(Stored items)
[Start of section]

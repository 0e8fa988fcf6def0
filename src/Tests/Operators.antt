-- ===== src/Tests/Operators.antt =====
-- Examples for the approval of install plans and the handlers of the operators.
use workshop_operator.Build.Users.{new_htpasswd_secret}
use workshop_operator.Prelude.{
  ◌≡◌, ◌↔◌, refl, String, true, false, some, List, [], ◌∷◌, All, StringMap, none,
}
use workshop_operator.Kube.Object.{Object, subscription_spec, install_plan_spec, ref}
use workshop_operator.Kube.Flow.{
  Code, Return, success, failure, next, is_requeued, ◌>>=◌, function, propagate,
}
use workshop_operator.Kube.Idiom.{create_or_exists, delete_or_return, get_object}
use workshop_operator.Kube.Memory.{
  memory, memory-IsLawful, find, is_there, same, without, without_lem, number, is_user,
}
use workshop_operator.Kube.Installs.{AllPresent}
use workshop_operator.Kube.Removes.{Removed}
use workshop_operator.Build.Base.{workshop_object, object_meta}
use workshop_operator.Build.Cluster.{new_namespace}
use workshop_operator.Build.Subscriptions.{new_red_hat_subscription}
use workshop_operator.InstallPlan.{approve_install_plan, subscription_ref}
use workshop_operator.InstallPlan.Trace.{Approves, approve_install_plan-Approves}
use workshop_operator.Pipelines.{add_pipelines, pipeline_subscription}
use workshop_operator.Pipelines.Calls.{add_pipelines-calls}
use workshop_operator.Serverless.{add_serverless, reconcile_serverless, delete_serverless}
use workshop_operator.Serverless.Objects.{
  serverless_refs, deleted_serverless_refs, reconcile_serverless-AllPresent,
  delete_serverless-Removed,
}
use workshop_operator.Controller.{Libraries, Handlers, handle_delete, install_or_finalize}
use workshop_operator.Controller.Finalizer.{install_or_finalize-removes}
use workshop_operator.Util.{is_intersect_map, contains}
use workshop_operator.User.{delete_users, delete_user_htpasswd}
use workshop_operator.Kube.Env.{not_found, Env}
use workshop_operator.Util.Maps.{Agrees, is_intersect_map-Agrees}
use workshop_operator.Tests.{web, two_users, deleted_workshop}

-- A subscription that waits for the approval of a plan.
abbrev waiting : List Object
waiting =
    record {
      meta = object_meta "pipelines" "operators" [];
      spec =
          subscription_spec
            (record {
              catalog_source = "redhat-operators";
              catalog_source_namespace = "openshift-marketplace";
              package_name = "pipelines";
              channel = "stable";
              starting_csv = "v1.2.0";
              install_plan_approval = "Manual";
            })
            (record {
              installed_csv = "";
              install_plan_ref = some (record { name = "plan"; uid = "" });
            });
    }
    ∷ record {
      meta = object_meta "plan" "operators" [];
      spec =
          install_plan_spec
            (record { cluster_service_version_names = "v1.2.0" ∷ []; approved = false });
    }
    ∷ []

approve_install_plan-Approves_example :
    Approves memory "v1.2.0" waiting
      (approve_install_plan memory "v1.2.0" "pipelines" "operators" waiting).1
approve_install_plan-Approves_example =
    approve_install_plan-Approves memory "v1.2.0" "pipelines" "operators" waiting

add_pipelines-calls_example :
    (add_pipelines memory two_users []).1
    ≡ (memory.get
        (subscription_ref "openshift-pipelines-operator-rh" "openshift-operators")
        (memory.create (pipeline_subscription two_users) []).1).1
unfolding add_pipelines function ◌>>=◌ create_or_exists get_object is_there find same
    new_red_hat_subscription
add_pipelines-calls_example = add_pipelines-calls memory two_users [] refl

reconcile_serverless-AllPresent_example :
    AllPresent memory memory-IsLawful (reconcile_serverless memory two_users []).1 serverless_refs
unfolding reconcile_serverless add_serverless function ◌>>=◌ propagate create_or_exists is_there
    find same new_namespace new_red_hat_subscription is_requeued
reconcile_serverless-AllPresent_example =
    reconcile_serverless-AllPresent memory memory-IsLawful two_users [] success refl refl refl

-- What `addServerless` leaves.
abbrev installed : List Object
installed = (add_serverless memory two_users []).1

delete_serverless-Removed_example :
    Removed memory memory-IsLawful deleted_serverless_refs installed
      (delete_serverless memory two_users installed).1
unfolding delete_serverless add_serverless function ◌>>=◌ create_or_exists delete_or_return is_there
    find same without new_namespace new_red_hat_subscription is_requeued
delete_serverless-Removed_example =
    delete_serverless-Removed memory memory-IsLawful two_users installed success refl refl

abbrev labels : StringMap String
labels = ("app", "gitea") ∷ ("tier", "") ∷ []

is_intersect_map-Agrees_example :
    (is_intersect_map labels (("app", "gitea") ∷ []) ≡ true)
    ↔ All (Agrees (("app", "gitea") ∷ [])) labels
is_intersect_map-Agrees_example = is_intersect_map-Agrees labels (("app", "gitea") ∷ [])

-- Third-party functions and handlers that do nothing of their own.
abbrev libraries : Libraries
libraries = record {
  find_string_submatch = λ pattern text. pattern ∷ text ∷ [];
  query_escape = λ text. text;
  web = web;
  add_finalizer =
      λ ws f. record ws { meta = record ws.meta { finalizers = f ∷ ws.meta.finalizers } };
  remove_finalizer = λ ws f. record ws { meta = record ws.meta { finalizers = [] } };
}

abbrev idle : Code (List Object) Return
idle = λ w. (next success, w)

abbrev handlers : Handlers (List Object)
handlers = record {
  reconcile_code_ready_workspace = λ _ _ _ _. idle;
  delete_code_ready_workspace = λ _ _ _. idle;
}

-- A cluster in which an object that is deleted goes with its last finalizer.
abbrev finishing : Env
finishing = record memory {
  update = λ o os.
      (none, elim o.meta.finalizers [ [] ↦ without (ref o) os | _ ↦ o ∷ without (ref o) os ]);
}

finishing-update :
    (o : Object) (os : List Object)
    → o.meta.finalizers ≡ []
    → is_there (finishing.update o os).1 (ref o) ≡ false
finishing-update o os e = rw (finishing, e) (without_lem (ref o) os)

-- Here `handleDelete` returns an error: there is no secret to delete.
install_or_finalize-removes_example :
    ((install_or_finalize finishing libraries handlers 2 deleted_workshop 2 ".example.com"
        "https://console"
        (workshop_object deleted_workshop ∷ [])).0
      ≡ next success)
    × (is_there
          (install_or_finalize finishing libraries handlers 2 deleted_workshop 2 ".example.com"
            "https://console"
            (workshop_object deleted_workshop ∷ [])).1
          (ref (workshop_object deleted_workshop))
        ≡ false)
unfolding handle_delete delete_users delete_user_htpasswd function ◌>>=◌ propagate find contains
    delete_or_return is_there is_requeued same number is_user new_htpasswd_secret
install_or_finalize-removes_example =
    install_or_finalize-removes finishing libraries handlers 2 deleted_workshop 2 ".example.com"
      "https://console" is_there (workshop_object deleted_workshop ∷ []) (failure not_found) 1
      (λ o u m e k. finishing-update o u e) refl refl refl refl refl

[End of section]
[Start of section]

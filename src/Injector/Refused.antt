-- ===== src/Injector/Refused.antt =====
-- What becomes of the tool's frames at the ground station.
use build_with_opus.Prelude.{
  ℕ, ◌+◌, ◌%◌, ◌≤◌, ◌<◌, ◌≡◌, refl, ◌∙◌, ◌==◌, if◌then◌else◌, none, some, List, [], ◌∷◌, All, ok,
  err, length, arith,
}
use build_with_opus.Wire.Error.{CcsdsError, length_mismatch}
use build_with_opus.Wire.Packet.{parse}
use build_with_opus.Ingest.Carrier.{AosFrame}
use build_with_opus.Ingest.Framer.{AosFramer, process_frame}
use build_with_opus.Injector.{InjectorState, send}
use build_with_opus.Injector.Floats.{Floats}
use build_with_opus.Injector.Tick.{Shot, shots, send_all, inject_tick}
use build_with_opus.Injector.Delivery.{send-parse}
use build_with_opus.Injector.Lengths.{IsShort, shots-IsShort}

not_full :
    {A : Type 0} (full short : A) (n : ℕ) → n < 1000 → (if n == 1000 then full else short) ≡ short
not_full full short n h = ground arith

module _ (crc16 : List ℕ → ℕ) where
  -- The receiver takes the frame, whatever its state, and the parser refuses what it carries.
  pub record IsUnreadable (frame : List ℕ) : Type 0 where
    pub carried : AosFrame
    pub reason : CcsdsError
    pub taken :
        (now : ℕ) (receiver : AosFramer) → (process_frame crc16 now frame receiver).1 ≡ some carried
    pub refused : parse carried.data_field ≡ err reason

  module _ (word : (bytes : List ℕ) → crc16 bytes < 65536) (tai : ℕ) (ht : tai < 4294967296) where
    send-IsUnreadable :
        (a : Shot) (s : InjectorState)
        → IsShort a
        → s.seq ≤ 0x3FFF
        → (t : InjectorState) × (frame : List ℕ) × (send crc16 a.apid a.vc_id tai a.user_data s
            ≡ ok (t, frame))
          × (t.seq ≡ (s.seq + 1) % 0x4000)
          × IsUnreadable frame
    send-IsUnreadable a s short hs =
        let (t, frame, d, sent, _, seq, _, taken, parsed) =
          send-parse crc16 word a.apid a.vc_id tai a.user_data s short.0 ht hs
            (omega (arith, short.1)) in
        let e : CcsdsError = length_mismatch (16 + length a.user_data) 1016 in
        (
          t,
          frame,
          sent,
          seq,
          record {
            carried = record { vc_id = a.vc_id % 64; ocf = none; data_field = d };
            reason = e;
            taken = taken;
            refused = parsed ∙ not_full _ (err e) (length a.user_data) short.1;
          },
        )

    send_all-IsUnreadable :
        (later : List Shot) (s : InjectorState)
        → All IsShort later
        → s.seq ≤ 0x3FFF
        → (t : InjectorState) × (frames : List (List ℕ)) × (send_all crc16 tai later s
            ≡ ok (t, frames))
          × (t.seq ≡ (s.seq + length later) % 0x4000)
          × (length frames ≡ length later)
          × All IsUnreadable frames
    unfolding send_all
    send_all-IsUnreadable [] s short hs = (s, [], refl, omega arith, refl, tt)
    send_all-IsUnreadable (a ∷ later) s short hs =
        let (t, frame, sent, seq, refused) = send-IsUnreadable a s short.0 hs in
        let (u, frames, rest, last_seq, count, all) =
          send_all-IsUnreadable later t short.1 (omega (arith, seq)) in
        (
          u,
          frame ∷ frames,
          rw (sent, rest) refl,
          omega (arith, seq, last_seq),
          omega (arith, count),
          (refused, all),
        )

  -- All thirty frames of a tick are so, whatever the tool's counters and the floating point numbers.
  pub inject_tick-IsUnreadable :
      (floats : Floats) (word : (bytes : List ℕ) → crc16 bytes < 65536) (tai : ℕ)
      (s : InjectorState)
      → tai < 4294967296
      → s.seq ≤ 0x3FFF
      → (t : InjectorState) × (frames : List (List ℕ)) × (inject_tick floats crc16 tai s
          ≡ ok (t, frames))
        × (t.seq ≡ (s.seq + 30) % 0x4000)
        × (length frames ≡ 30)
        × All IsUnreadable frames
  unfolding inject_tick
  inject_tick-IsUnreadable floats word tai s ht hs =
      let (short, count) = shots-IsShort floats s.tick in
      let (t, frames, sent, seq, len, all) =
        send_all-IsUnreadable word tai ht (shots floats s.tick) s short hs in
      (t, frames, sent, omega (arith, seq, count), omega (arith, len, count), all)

[End of section]

◆ **Required work**
Find the lines in the entries above where "bytes" occurs, and copy each of them.

◆ **Answer to this problem**
  module _ (word : (bytes : List ℕ) → crc16 bytes < 65536) (tai : ℕ) (ht : tai < 4294967296) where
      (floats : Floats) (word : (bytes : List ℕ) → crc16 bytes < 65536) (tai : ℕ)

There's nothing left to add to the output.